(Collected data entries)
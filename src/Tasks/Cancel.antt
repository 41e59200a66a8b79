-- ===== src/Tasks/Cancel.antt =====
-- common/task/tunny_runner.go: what can still happen to a task after its context was canceled.
use mathlib.Core.List.{cons-ne-nil}
use solocoder_6069_go_drive.Common.{ℕ, true, List, [], ◌∷◌, ◌++◌, ◌≡◌, ◌≢◌, refl, sym, ◌∙◌}
use solocoder_6069_go_drive.Tasks.{
  TaskReport, Outcome, success, failure_of, cancellation, show_canceled, begin, settled, finish,
}
use solocoder_6069_go_drive.Tasks.Life.{
  Phase, TaskState, Step, skips, passes, begins, ends, reports_in, writes, cancels, shows, Steps,
  stop, step,
}

-- The context is canceled, and no report is between its check of the context and its write.
pub record IsQuiet {R : Type 0} (s : TaskState R) : Type 0 where
  pub is_canceled : s.ctx.is_canceled ≡ true
  pub no_reports : s.reports ≡ []

-- Quiet still, with the counters of the task as they were.
abbrev pub IsFrozen : {R : Type 0} → TaskState R → TaskState R → Type 0
IsFrozen u v =
    IsQuiet v × (v.ctx.task.loaded ≡ u.ctx.task.loaded) × (v.ctx.task.total ≡ u.ctx.task.total)

append-ne-nil : (before rest : List TaskReport) (r : TaskReport) → before ++ (r ∷ rest) ≢ []
append-ne-nil [] rest r = cons-ne-nil _ _
append-ne-nil (b ∷ before) rest r = cons-ne-nil _ _

module _ {R : Type 0} where
  IsFrozen-trans : (u v w : TaskState R) → IsFrozen u v → IsFrozen v w → IsFrozen u w
  IsFrozen-trans u v w (a, b, c) (d, e, f) = (d, e ∙ b, f ∙ c)

  IsQuiet-same :
      (u v : TaskState R)
      → v.ctx.is_canceled ≡ u.ctx.is_canceled
      → v.reports ≡ u.reports
      → IsQuiet u
      → IsQuiet v
  IsQuiet-same u v e p q = record { is_canceled = e ∙ q.is_canceled; no_reports = p ∙ q.no_reports }

  ends-IsFrozen :
      (now : ℕ) (o : Outcome R) (s : TaskState R)
      → IsQuiet s
      → IsFrozen s (record s { ctx = finish now o s.ctx })
  unfolding finish settled
  ends-IsFrozen now (success r) s q = (IsQuiet-same s _ refl refl q, refl, refl)
  ends-IsFrozen now (failure_of m) s q = (IsQuiet-same s _ refl refl q, refl, refl)
  ends-IsFrozen now cancellation s q = (IsQuiet-same s _ refl refl q, refl, refl)

  Step-IsFrozen : (a b : Phase) (u v : TaskState R) → Step a u b v → IsQuiet u → IsFrozen u v
  Step-IsFrozen a b u v (skips _) q = (q, refl, refl)
  Step-IsFrozen a b u v (passes _) q = (q, refl, refl)
  Step-IsFrozen a b u v (begins now) q = unfold begin in (IsQuiet-same u v refl refl q, refl, refl)
  Step-IsFrozen a b u v (ends now o) q = ends-IsFrozen now o u q
  Step-IsFrozen a b u v (reports_in r e) q = let on = q.is_canceled in let no : ⊥ = cc in absurd no
  Step-IsFrozen a b u v (writes now before r rest c e) q =
      absurd (append-ne-nil before rest r (sym e ∙ q.no_reports))
  Step-IsFrozen a b u v (cancels e c) q = let on = q.is_canceled in let no : ⊥ = cc in absurd no
  Step-IsFrozen a b u v (shows c) q =
      unfold show_canceled in (IsQuiet-same u v refl refl q, refl, refl)

  -- From a time on at which a task's context is canceled and no call of Progress or Total is between
  -- its check of the context and its write: whatever happens to the task, in any order, its context
  -- stays canceled, no such call comes to its write, and the progress that the task shows stays as it
  -- is.
  pub Steps-IsFrozen : (a b : Phase) (u v : TaskState R) → Steps a u b v → IsQuiet u → IsFrozen u v
  Steps-IsFrozen a b u v stop q = (q, refl, refl)
  Steps-IsFrozen a b u v (step {b = c} {v = w} s rest) q =
      let (still, l, t) = Step-IsFrozen a c u w s q in
      IsFrozen-trans u w v (still, l, t) (Steps-IsFrozen c b w v rest still)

» PROMPT:
Copy exactly. Start at the line containing "unfold show_canceled in" and continue through the last line of the records.

» OUTPUT FOR THIS TASK:
      unfold show_canceled in (IsQuiet-same u v refl refl q, refl, refl)

  -- From a time on at which a task's context is canceled and no call of Progress or Total is between
  -- its check of the context and its write: whatever happens to the task, in any order, its context
  -- stays canceled, no such call comes to its write, and the progress that the task shows stays as it
  -- is.
  pub Steps-IsFrozen : (a b : Phase) (u v : TaskState R) → Steps a u b v → IsQuiet u → IsFrozen u v
  Steps-IsFrozen a b u v stop q = (q, refl, refl)
  Steps-IsFrozen a b u v (step {b = c} {v = w} s rest) q =
      let (still, l, t) = Step-IsFrozen a c u w s q in
      IsFrozen-trans u w v (still, l, t) (Steps-IsFrozen c b w v rest still)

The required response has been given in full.